### [Exercise objective]
Set down, character for character, everything in the records below from the line holding "then (do near" down to the line holding "one ← gather (start_points", and no other line.

### [Information shown]
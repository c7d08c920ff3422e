-- ===== src/Consix/Defend.antt =====
-- search.cpp, the steps that meet threats: `DefendForMultiThreat`, `DefendForSingleThreat`, and
-- `AdjustStepValue`, which corrects the values of long lists.
pub mod Pairs
pub mod Found
pub mod Restored
pub mod Size
use package.chess_set.Base.{
  ℕ, zero, suc, ◌+◌, ◌*◌, ◌/◌, Bool, true, false, ◌&&◌, ◌||◌, List, [], ◌∷◌, ◌++◌, if◌then◌else◌,
  ltb, leb, ◌==◌, length, take, ◌⊎◌, inl, inr,
}
use package.chess_set.Base.Int.{ℤ, pos, ◌+ℤ◌, ◌-ℤ◌}
use package.chess_set.Consix.State.{Point, Step, Line, Lines, Search, next, empty, line_type_value}
use package.chess_set.Consix.Lines.{backup_line}
use package.chess_set.Consix.Candidates.{
  sort, unique_point, unique_step, com_step_value, equal_point, resize, zero_step,
}
use package.chess_set.Consix.Run.{
  Run, ◌>>=◌, ◌>>◌, pure, gets, gather, place, update_cross, recover_cross, new_lines, with_stone,
  with_stones, trial,
}
use package.chess_set.Consix.Threats.{attack, get_all_line_infor}
use package.chess_set.Consix.Value.{valued_step, construct_com_point}

-- The body of the loops of `DefendForMultiThreat`: the step is kept when no attack is left after it,
-- or when there are three threats or more.
unfoldable pub defend_pair : List Point → ℕ → ℕ → ℕ → Point → ℕ → Point → Run (List Step)
defend_pair all side threat_num i p j q = do
  lost ← with_stones p q (next side) (attack (λ x. x == i || x == j) all side)
  if lost && ltb threat_num 3
      then pure []
      else (do step ← valued_step p q (next side); pure (step ∷ []))

unfoldable pub defend_with : List Point → ℕ → ℕ → ℕ → Point → List Point → ℕ → Run (List Step)
defend_with all side threat_num i p [] j = pure []
defend_with all side threat_num i p (q ∷ qs) j = do
  found ← defend_pair all side threat_num i p j q
  more ← defend_with all side threat_num i p qs (suc j)
  pure (found ++ more)

unfoldable pub defend_from : List Point → ℕ → ℕ → List Point → ℕ → Run (List Step)
defend_from all side threat_num [] i = pure []
defend_from all side threat_num (p ∷ ps) i = do
  found ← defend_with all side threat_num i p ps (suc i)
  more ← defend_from all side threat_num ps (suc i)
  pure (found ++ more)

unfoldable pub defend_for_multi_threat : Line → Run (List Step)
defend_for_multi_threat si = do
  found ← defend_from si.threat_point si.side si.threat_num si.threat_point 0
  pure (sort com_step_value found)

-- What `AdjustStepValue` adds to a value and takes from it, by the threats of the side and the sizes
-- of the two lists of big potential. The factors 0.2, 0.3, … are tenths here.
abbrev ltv : ℕ → ℕ
ltv = line_type_value

unfoldable pub adjustment : ℕ → ℕ → ℕ → ℤ
adjustment threat_num size1 size2 =
    let bonus = pos (ltv 8 * 2 / 10) in
    if ltb 2 threat_num
    then pos (ltv 14)
    else if threat_num == 2
    then pos ((ltv 13 * 3 + ltv 11 * 7) * 2 / 100)
      -ℤ pos ((ltv 5 * 2 + ltv 7 * 3 + ltv 8 * 5) * 2 / 100)
      +ℤ (if ltb 0 size1 then bonus else if ltb 0 size2 then pos 0 -ℤ bonus else pos 0)
    else if threat_num == 1
    then pos ((ltv 9 * 3 + ltv 10 * 5 + ltv 12 * 2) * 2 / 100)
      -ℤ pos ((ltv 3 * 2 + ltv 4 * 2 + ltv 6 * 3 + ltv 7 * 3) * 2 / 100)
      +ℤ (if ltb 0 size1 && size2 == 0
          then bonus
          else if ltb 0 size2
          then pos 0 -ℤ bonus
          else pos 0)
    else if ltb 0 size2
    then pos 0 -ℤ bonus
    else if ltb 0 size1
    then bonus
    else pos 0

-- The four `BackupLine` calls of a round of `AdjustStepValue`.
unfoldable pub backup_two : Step → ℕ → Lines → Lines → Lines
backup_two step side info line_temp =
    let t1 = backup_line step.first info line_temp side 2 in
    let t2 = backup_line step.first info t1 (next side) 2 in
    let t3 = backup_line step.second info t2 side 2 in backup_line step.second info t3 (next side) 2

-- Both stones of a step on trial.
unfoldable pub trial_step : Step → ℕ → Lines → Run (Line × Line) → Run (Line × Line)
trial_step step side line_temp look = do
  info ← gets (λ g. g.line_info)
  let kept = backup_two step side info line_temp
  place step.first side
  place step.second side
  update_cross step.first side 2
  update_cross step.first (next side) 2
  update_cross step.second side 2
  update_cross step.second (next side) 2
  lines ← look
  place step.first empty
  place step.second empty
  recover_cross step.first kept side 2
  recover_cross step.first kept (next side) 2
  recover_cross step.second kept side 2
  recover_cross step.second kept (next side) 2
  pure lines

-- The lines of two sides, looked at one after the other.
unfoldable pub both_sides : ℕ → ℕ → ℕ → ℕ → Run (Line × Line)
both_sides side1 which1 side2 which2 = do
  one ← get_all_line_infor side1 which1
  two ← get_all_line_infor side2 which2
  pure (one, two)

unfoldable pub adjust_step : ℕ → Step → Run (List Step)
adjust_step side step = do
  lines ← trial_step step side new_lines (both_sides side 2 (next side) 2)
  let change =
      adjustment lines.0.threat_num (length lines.0.big_poten_point)
        (length lines.1.big_poten_point)
  pure (record step { s_value = step.s_value +ℤ change } ∷ [])

unfoldable pub adjust_step_value : List Step → ℕ → Run (List Step)
adjust_step_value ms side = gather ms (adjust_step side)

-- The two squares of each step.
unfoldable pub ends : List Step → List Point
ends [] = []
ends (s ∷ ms) = s.first ∷ s.second ∷ ends ms

-- The points that `DefendForSingleThreat` collects beside one threat point.
unfoldable pub single_points : Line → Line → List Point
single_points si_com si_per =
    let near = unique_point (
      si_com.big_poten_point
      ++ si_com.sma_poten_point
      ++ ends si_com.big_poten_step
      ++ si_per.big_poten_point
      ++ ends si_per.big_poten_step
      ++ si_per.sma_poten_point) in
    if ltb (length near) 10
    then near ++ ends si_com.sma_poten_step ++ si_com.com_point ++ ends si_per.sma_poten_step
    else near

-- The steps of a point with each of a list of points.
unfoldable pub steps_with : Point → ℕ → List Point → Run (List Step)
steps_with p side qs = gather qs (λ q. do step ← valued_step p q side; pure (step ∷ []))

unfoldable pub steps_with_others : Point → ℕ → List Point → Run (List Step)
steps_with_others p side qs =
    gather qs
      (λ q. if equal_point p q then pure [] else (do step ← valued_step p q side; pure (step ∷ [])))

-- What the trial of one threat point finds: the steps themselves when the search goes deeper, which
-- are valued while the stone is still there, or the points to combine with once it is taken back.
unfoldable pub single_look : ℕ → ℕ → Bool → Bool → Point → Run (List Step ⊎ List Point)
single_look side1 side2 con_search1 con_search2 p = do
  lines ← both_sides side1 0 side2 0
  if ltb 0 lines.1.threat_num
      then pure (inl [])
      else (if con_search1
          then (do steps ← steps_with p side1 lines.0.big_poten_point; pure (inl steps))
          else (if con_search2
              then (do steps ← steps_with p side1 lines.0.sma_poten_point; pure (inl steps))
              else pure (inr (single_points lines.0 lines.1))))

unfoldable pub single_point : ℕ → ℕ → Bool → Bool → Point → Run (List Step)
single_point side1 side2 con_search1 con_search2 p = do
  found ←
      trial p side1 side1 0 side2 0 new_lines (single_look side1 side2 con_search1 con_search2 p)
  elim found [ inl steps ↦ pure steps | inr qs ↦ steps_with_others p side1 (unique_point qs) ]

-- Only when nothing is found: the points near the centre.
unfoldable pub near_steps : ℕ → ℕ → Point → Run (List Step)
near_steps side1 side2 p = do
  near ← construct_com_point p side1 side2
  steps_with_others p side1 near

-- `if ((int)(size * 0.8) > most) resize(most); else resize((int)(size * 0.8 + 1));`
unfoldable pub narrow : ℕ → List Step → List Step
narrow most ms =
    let part = length ms * 4 / 5 in
    if ltb most part then resize zero_step most ms else resize zero_step (part + 1) ms

-- The last part of the two functions that build long lists: a list of more than `low` steps is cut to
-- `low`, or to its half from `high` on, its values are adjusted, and the best `most` are kept.
unfoldable pub cut_list : ℕ → ℕ → List Step → List Step
cut_list low high ms =
    let size = length ms in
    let first = if ltb low size && ltb size high then resize zero_step low ms else ms in
    if leb high size then resize zero_step (size / 2) first else first

unfoldable pub best_steps : ℕ → ℕ → ℕ → ℕ → ℕ → List Step → Run (List Step)
best_steps low high from most side ms = do
  let size = length ms
  let cut = cut_list low high ms
  adjusted ← (if leb from size then adjust_step_value cut side else pure cut)
  let sorted = sort com_step_value adjusted
  pure (if ltb most size then resize zero_step most sorted else sorted)

unfoldable pub defend_for_single_threat : Line → Line → Bool → Bool → Run (List Step)
defend_for_single_threat si1 si2 con_search1 con_search2 = do
  found ← gather si2.threat_point (single_point si1.side si2.side con_search1 con_search2)
  all ←
      (if length found == 0
        then gather si2.threat_point (near_steps si1.side si2.side)
        else pure found)
  let ms = sort com_step_value (unique_step all)
  if con_search1
      then pure (narrow 3 ms)
      else (if con_search2 then pure (narrow 4 ms) else best_steps 30 60 30 20 si1.side ms)
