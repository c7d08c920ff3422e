-- ===== src/Consix/Build.antt =====
-- search.cpp, `ConstructStepForNoThreat`: the steps that are tried when the other side has no threat.
pub mod Restored
pub mod Size
use package.chess_set.Base.{
  ℕ, zero, suc, ◌+◌, ◌*◌, ◌/◌, Bool, true, false, List, [], ◌∷◌, ◌++◌, if◌then◌else◌, ltb, ◌==◌,
  length,
}
use package.chess_set.Base.Int.{ℤ, pos}
use package.chess_set.Consix.State.{Point, Step, Line, Search, empty}
use package.chess_set.Consix.Candidates.{
  sort, unique_point, unique_step, com_step_value, resize, zero_step,
}
use package.chess_set.Consix.Run.{Run, ◌>>=◌, ◌>>◌, pure, gets, gather, new_lines, trial}
use package.chess_set.Consix.Value.{valued_step, construct_com_point, search_range, centre}
use package.chess_set.Consix.Defend.{
  ends, both_sides, steps_with, steps_with_others, narrow, best_steps,
}

-- The points that go with a point of big potential, in a search for two threats.
unfoldable pub deep_points : Line → Line → List Point
deep_points si_com si_per =
    si_com.big_poten_point
    ++ si_com.threat_point
    ++ si_com.sma_poten_point
    ++ ends si_com.big_poten_step
    ++ (if ltb 0 (length si_per.big_poten_point)
        then si_per.big_poten_point
        else si_com.com_point
          ++ ends si_com.sma_poten_step
          ++ ends si_per.big_poten_step
          ++ si_per.sma_poten_point)

unfoldable pub deep_point : ℕ → ℕ → Point → Run (List Step)
deep_point side1 side2 p = do
  lines ← trial p side1 side1 0 side2 0 new_lines (both_sides side1 0 side2 0)
  steps_with p side1 (unique_point (deep_points lines.0 lines.1))

-- Steps that a list of the table holds, with their values.
unfoldable pub valued_steps : ℕ → List Step → Run (List Step)
valued_steps side ms =
    gather ms (λ s. do step ← valued_step s.first s.second side; pure (step ∷ []))

-- Each two points of a list.
unfoldable pub valued_pairs : ℕ → List Point → Run (List Step)
valued_pairs side [] = pure []
valued_pairs side (p ∷ ps) = do
  found ← steps_with p side ps
  more ← valued_pairs side ps
  pure (found ++ more)

-- The branch for `ConSearch1`.
unfoldable pub deep_steps : Line → Line → Run (List Step)
deep_steps si1 si2 = do
  one ← gather si1.big_poten_point (deep_point si1.side si2.side)
  two ← valued_steps si1.side si1.big_poten_step
  three ←
      (if ltb 3 (length si1.sma_poten_point)
        then valued_pairs si1.side si1.sma_poten_point
        else pure [])
  pure (narrow 5 (sort com_step_value (unique_step (one ++ two ++ three))))

-- The points to start from …
unfoldable pub start_points : Line → Line → List Point
start_points si1 si2 =
    let near =
      si1.big_poten_point
      ++ ends si1.big_poten_step
      ++ si1.sma_poten_point
      ++ si2.big_poten_point
      ++ ends si2.big_poten_step
      ++ si2.sma_poten_point in
    unique_point (if ltb (length near) 5 then near ++ si1.com_point else near)

-- … and those that go with one of them.
unfoldable pub second_points : Line → Line → List Point
second_points si_com si_per =
    let near =
      si_com.threat_point
      ++ si_com.big_poten_point
      ++ si_com.sma_poten_point
      ++ ends si_com.big_poten_step
      ++ si_per.big_poten_point
      ++ ends si_per.big_poten_step
      ++ si_per.sma_poten_point in
    if ltb (length near) 20 then near ++ si_com.com_point ++ ends si_com.sma_poten_step else near

unfoldable pub start_point : ℕ → ℕ → Point → Run (List Step)
start_point side1 side2 p = do
  lines ← trial p side1 side1 0 side2 0 new_lines (both_sides side1 0 side2 0)
  steps_with_others p side1 (unique_point (second_points lines.0 lines.1))

-- The loops over the squares near the centre, when nothing else is found.
unfoldable pub centre_point : ℕ → ℕ → Point → Run (List Step)
centre_point side1 side2 p = do
  free ← gets (λ g. g.board p.x p.y == empty)
  if free
      then (do near ← construct_com_point p side1 side2; steps_with_others p side1 near)
      else pure []

unfoldable pub quiet_steps : Line → Line → Run (List Step)
quiet_steps si1 si2 = do
  one ← gather (start_points si1 si2) (start_point si1.side si2.side)
  two ← valued_steps si1.side si1.sma_poten_step
  r ← gets search_range
  all ←
      (if length (one ++ two) == 0
        then gather (centre r) (centre_point si1.side si2.side)
        else pure (one ++ two))
  best_steps 50 100 40 25 si1.side (sort com_step_value (unique_step all))

unfoldable pub construct_step_for_no_threat : Line → Line → Bool → Run (List Step)
construct_step_for_no_threat si1 si2 con_search1 =
    if con_search1 then deep_steps si1 si2 else quiet_steps si1 si2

### [Finished task]
      then (do near ← construct_com_point p side1 side2; steps_with_others p side1 near)
      else pure []

unfoldable pub quiet_steps : Line → Line → Run (List Step)
quiet_steps si1 si2 = do
  one ← gather (start_points si1 si2) (start_point si1.side si2.side)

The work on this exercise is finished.